Silverlens proudly presents Frank Callaghan, a selection of photographs taken from the artist’s four solo exhibitions from 2008-2011: Stranger (2008), Dwelling (2009), River of Our Dreams (2010), & Moonshine Baseline (2011). Born in England in 1980, Callaghan’s love for photography began as a boy growing up in Baguio City, Philippines. It wasn’t until after studying finance and management at the Wharton School of Business that he gave into his calling as an artist working with photography. He first exhibited his work at the age of 21 in Philadelphia.

Callaghan lights his nightscapes with a mixture of available and strobe lights. He sets up the found, like a hunter setting up light traps for his camera; his is a meticulous and repetitive process. For Stranger (2008), is his first complete work of night photographs, he worked with neighborhoods familiar to him in the northern mountain provinces of the Philippines. He started with what felt most natural. “I try and pay attention to which direction I’m being drawn in, when to stop, when to push on. Force it and it won’t work.”, Callaghan said.

In Dwelling (2009), Callaghan captures the ambient aura and light of the city. He takes to the backstreets and saturates dwelling places, monuments of cement and metal, in washes of light and color from their immediate surroundings. He seizes rare glimpses of stillness, steeped in an acute awareness of the present. “I found myself drawn to the quiet, empty spaces of urban fringes at night and to the unintentional beauty of dwellings that seem to have grown organically out of the sincere need for shelter and the limits of material and space.” says Callaghan. His forthright perception eliminates the noise of judgment and elucidating the scenery with evidence of stories and leaves viewer to speculate. And as a product of his candid process and perception, he reveals the indwelling life and beauty that are most often overlooked.

In River of Our Dreams (2010), Callaghan breaks away from the allure of urban landscapes and focuses his lens on the elusive beauty of the Pasig River. While Callaghan has done extensive work on the river’s locale, he has only now taken the famed river as a subject. Appropriated from a slogan on a bridge traversing the river, the title speaks of a mysterious fusion of past, present, and future- recollections of its glorious past mingling with visions of its future potential, both of which congeal around the city and population that grew up with the Pasig River. River of Our Dreams is a visual re-examination of a cultural landmark that has escaped corrective action, but has, for the most part, been revered for its inexplicable beauty.
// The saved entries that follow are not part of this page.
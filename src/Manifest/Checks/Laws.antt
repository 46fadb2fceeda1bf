-- ===== src/Manifest/Checks/Laws.antt =====
-- What it means that a check of a manifest pushes no error.
use Prim.Native.String.{len}
use chromifer.Base.{
  ℕ, String, ◌≡◌, ◌≢◌, ◌↔◌, ◌⊎◌, refl, Bool, true, false, List, [], ◌∷◌, none, some, inl, inr,
  arith, All, In, NoRepeat, any-eq-false, map, string_eq, string_ord, option_eq, option_beq_iff,
}
use chromifer.Base.Text.{is_blank, has_code, all_codes}
use chromifer.Base.Sets.{insert, member, member_iff, In-insert}
use chromifer.Manifest.Data.{CompatibilityGate, GateExecution, shell, direct, GateInput}
use chromifer.Manifest.Errors.{ValidationError}
use chromifer.Manifest.Checks.{
  push_if, check_nonempty, check_source_location, collect_ids, execution_fault,
  validate_gate_execution, is_hex_byte, is_digest, check_inputs,
}
use chromifer.Manifest.Path.{normalize_repo_relative_path}

-- Something is left of the text when white space is trimmed.
abbrev pub HasText : String → Type 0
HasText s = is_blank s ≡ false

pub push_if-eq-nil : (b : Bool) (e : ValidationError) → (push_if b e ≡ []) ↔ (b ≡ false)
push_if-eq-nil b e = ground arith

pub check_nonempty-eq-nil :
    (kind id field value : String) → (check_nonempty kind id field value ≡ []) ↔ HasText value
unfolding check_nonempty
check_nonempty-eq-nil kind id field value = ground arith

-- A source location names a file, a line from 1 on, and a detail.
pub record IsLocated (file : String) (line : ℕ) (detail : String) : Type 0 where
  pub has_file : HasText file
  pub has_detail : HasText detail
  pub counted_from_one : line ≢ 0

pub check_source_location-eq-nil :
    (kind id file : String) (line : ℕ) (detail : String)
    → (check_source_location kind id file line detail ≡ []) ↔ IsLocated file line detail
unfolding check_source_location
check_source_location-eq-nil kind id file line detail = (
  λ h. record {
    has_file = ground arith;
    has_detail = ground arith;
    counted_from_one = ground arith;
  },
  λ h. ground arith,
)

-- No item of `xs` is in `found`, and none is listed twice.
abbrev pub AllNew : List String → List String → Type 0
AllNew found xs = All (λ x. ¬ In x found) xs × NoRepeat xs

All-not_In-insert :
    (a : String) (found xs : List String)
    → All (λ x. ¬ In x (insert a found)) xs ↔ (All (λ x. ¬ In x found) xs × (¬ In a xs))
All-not_In-insert a found [] = (λ h. (tt, λ m. elim m [ ]), λ h. tt)
All-not_In-insert a found (x ∷ xs) =
    ground (arith, All-not_In-insert a found xs, In-insert a x found)

pub AllNew-cons :
    (found : List String) (x : String) (xs : List String)
    → AllNew found (x ∷ xs) ↔ ((member found x ≡ false) × AllNew (insert x found) xs)
AllNew-cons found x xs = ground (arith, All-not_In-insert x found xs, member_iff found x)

pub collect_ids-eq-nil :
    (kind : String) (found ids : List String)
    → ((collect_ids kind found ids).1 ≡ []) ↔ AllNew found ids
unfolding collect_ids
collect_ids-eq-nil kind found [] = (λ h. (tt, tt), λ h. refl)
collect_ids-eq-nil kind found (id ∷ ids) =
    ground (arith, collect_ids-eq-nil kind (insert id found) ids, AllNew-cons found id ids)

-- The returned set has the ids that were given.
pub In-collect_ids :
    (kind : String) (found ids : List String) (a : String)
    → In a (collect_ids kind found ids).0 ↔ (In a found ⊎ In a ids)
unfolding collect_ids
In-collect_ids kind found [] a = (λ h. inl h, λ h. elim h [ inl m ↦ m | inr m ↦ elim m [ ] ])
In-collect_ids kind found (id ∷ ids) a =
    ground (arith, In-collect_ids kind (insert id found) ids a, In-insert id a found)

-- A gate that can be executed: a command, or a program with arguments, with no NUL in them.
pub IsRunnable : GateExecution → Type 0
IsRunnable (shell command) = HasText command × (has_code 0 command ≡ false)
IsRunnable (direct program args) =
    HasText program × (has_code 0 program ≡ false) × All (λ a. has_code 0 a ≡ false) args

execution_fault-eq-none : (e : GateExecution) → (execution_fault e ≡ none) ↔ IsRunnable e
unfolding execution_fault IsRunnable
execution_fault-eq-none (shell command) = ground arith
execution_fault-eq-none (direct program args) = ground (arith, any-eq-false (has_code 0) args)

pub validate_gate_execution-eq-nil :
    (g : CompatibilityGate) → (validate_gate_execution g ≡ []) ↔ IsRunnable g.execution
unfolding validate_gate_execution
validate_gate_execution-eq-nil g = ground (arith, execution_fault-eq-none g.execution)

-- An input is named by a path in normal form, and its digest is 64 lower-case hexadecimal digits.
pub record IsValidInput (input : GateInput) : Type 0 where
  pub normalized : normalize_repo_relative_path input.path ≡ some input.path
  pub digest_length : len input.sha256 ≡ 64
  pub digest_digits : all_codes is_hex_byte input.sha256 ≡ true

pub check_inputs-eq-nil :
    (gate : String) (paths : List String) (inputs : List GateInput)
    → (check_inputs gate paths inputs ≡ [])
      ↔ (All IsValidInput inputs × AllNew paths (map (λ (i : GateInput). i.path) inputs))
unfolding check_inputs is_digest
check_inputs-eq-nil gate paths [] = (λ h. (tt, (tt, tt)), λ h. refl)
check_inputs-eq-nil gate paths (i ∷ inputs) = ground (
  arith,
  check_inputs-eq-nil gate (insert i.path paths) inputs,
  AllNew-cons paths i.path (map (λ (i : GateInput). i.path) inputs),
  option_beq_iff (normalize_repo_relative_path i.path) (some i.path),
)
With his work firmly rooted in found nighttime landscapes, Frank Callaghan reveals his visual roots by making his light source his subject matter in Moonshine Baseline (2011). These are portraits of the moon hanging on the horizon. Setting up the found, like a hunter setting up light traps for his camera; his is a meticulous and repetitive process. In previous shows, Stranger, Dwelling, and the hugely popular River of Our Dreams, Callaghan would stalk urban landscapes looking for interesting material to record over long exposures. This time, he adds the horizon as a constant, as he puts the moon, our earth’s partner, in focus. Decidedly non-random in this process, he says, “There is peace and freedom in structure.” Callaghan has learned to simplify, and by simplifying, the message has become clearer.